## What you should do
Look below for the lines from the one with "retry_loop-exhausted (write_round nand" to the one with "buf raw s in", and copy exactly those lines, both ends included.

☆ ☆ ☆ ☆ ☆

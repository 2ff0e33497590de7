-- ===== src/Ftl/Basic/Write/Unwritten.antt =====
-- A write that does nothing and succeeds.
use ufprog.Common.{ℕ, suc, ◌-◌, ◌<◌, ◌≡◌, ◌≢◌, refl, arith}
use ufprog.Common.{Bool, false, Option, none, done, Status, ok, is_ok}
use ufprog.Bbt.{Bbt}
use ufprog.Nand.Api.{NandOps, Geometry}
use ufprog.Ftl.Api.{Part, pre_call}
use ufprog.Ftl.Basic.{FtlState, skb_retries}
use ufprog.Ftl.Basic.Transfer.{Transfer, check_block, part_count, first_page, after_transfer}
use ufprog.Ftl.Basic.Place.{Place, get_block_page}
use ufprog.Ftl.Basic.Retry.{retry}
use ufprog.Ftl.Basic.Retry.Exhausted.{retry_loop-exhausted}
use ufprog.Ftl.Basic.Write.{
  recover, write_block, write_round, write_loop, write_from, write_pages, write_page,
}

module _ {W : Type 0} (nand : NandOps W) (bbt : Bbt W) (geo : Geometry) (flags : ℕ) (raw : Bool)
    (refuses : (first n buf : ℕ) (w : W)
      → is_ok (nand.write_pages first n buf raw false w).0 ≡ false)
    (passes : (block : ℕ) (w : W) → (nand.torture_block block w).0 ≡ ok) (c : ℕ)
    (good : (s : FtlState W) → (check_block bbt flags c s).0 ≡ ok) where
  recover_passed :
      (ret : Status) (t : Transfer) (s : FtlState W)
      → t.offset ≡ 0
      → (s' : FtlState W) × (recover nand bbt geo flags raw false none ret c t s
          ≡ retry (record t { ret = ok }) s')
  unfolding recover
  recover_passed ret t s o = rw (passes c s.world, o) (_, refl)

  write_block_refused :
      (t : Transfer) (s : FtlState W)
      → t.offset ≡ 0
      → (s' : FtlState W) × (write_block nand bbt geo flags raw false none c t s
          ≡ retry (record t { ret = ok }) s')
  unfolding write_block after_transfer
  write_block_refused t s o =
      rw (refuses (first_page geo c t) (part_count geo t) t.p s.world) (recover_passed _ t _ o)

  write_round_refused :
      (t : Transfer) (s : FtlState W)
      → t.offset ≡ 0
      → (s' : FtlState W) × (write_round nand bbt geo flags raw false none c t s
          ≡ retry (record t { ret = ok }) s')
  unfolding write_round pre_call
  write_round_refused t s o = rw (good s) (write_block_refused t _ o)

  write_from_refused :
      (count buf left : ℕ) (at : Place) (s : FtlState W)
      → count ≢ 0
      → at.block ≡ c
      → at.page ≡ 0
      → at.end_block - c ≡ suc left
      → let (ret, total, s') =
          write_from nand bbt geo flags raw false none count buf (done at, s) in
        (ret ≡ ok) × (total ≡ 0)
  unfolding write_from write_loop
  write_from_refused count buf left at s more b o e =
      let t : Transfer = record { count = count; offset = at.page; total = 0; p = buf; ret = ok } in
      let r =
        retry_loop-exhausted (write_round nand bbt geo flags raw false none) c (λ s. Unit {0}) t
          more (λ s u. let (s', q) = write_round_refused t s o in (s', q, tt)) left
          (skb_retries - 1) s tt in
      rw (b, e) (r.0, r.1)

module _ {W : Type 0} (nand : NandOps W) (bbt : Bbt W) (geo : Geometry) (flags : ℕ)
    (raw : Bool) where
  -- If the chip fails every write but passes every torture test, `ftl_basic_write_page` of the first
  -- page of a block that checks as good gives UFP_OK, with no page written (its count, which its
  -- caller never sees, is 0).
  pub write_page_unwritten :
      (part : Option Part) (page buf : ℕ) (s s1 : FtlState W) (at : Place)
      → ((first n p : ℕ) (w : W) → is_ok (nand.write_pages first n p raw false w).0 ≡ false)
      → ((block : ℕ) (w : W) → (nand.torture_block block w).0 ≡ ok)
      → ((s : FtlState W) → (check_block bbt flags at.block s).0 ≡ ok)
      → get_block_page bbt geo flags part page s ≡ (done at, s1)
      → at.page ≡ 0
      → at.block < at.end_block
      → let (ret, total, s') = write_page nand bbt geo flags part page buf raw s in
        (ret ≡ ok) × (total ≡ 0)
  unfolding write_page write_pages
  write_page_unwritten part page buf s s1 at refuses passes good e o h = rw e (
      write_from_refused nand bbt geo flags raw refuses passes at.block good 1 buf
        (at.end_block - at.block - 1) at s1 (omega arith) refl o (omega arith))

☆ ☆ ☆ ☆ ☆

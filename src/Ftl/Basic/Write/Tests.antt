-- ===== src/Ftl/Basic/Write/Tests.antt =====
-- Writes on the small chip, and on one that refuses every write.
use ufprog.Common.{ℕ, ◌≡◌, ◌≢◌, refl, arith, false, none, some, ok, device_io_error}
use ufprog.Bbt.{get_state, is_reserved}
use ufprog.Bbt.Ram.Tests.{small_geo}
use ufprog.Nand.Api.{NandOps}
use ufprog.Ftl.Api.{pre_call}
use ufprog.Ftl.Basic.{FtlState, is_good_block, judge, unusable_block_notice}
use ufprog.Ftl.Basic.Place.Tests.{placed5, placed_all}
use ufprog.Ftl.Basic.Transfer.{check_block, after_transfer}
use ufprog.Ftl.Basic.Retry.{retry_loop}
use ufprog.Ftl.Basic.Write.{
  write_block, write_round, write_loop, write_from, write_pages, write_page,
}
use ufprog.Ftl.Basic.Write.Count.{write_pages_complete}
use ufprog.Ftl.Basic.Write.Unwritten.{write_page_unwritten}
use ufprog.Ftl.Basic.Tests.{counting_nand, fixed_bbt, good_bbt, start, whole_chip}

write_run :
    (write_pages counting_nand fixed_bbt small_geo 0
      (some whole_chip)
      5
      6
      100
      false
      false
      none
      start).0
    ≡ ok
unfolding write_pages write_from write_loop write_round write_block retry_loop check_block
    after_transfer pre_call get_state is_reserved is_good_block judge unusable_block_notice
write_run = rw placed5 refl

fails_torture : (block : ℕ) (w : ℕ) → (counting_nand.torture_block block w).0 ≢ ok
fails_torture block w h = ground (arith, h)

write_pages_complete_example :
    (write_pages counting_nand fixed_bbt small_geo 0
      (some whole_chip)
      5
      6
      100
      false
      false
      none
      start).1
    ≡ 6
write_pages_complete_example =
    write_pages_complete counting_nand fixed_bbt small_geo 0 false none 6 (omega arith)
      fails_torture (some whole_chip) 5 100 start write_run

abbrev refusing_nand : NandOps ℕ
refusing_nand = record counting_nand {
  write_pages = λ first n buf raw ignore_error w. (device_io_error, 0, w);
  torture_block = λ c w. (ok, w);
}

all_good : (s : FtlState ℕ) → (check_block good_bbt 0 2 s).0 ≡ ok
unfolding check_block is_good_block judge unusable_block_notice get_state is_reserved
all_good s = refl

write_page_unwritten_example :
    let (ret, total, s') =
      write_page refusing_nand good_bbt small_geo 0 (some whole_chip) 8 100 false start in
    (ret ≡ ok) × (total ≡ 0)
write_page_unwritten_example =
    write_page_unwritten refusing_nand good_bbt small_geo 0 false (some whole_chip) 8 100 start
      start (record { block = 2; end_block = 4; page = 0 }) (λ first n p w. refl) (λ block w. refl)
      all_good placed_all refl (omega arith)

☆ ☆ ☆ ☆ ☆

## Solution for this exercise
        retry_loop-exhausted (write_round nand bbt geo flags raw false none) c (λ s. Unit {0}) t
          more (λ s u. let (s', q) = write_round_refused t s o in (s', q, tt)) left
          (skb_retries - 1) s tt in
      rw (b, e) (r.0, r.1)

module _ {W : Type 0} (nand : NandOps W) (bbt : Bbt W) (geo : Geometry) (flags : ℕ)
    (raw : Bool) where
  -- If the chip fails every write but passes every torture test, `ftl_basic_write_page` of the first
  -- page of a block that checks as good gives UFP_OK, with no page written (its count, which its
  -- caller never sees, is 0).
  pub write_page_unwritten :
      (part : Option Part) (page buf : ℕ) (s s1 : FtlState W) (at : Place)
      → ((first n p : ℕ) (w : W) → is_ok (nand.write_pages first n p raw false w).0 ≡ false)
      → ((block : ℕ) (w : W) → (nand.torture_block block w).0 ≡ ok)
      → ((s : FtlState W) → (check_block bbt flags at.block s).0 ≡ ok)
      → get_block_page bbt geo flags part page s ≡ (done at, s1)
      → at.page ≡ 0
      → at.block < at.end_block
      → let (ret, total, s') = write_page nand bbt geo flags part page buf raw s in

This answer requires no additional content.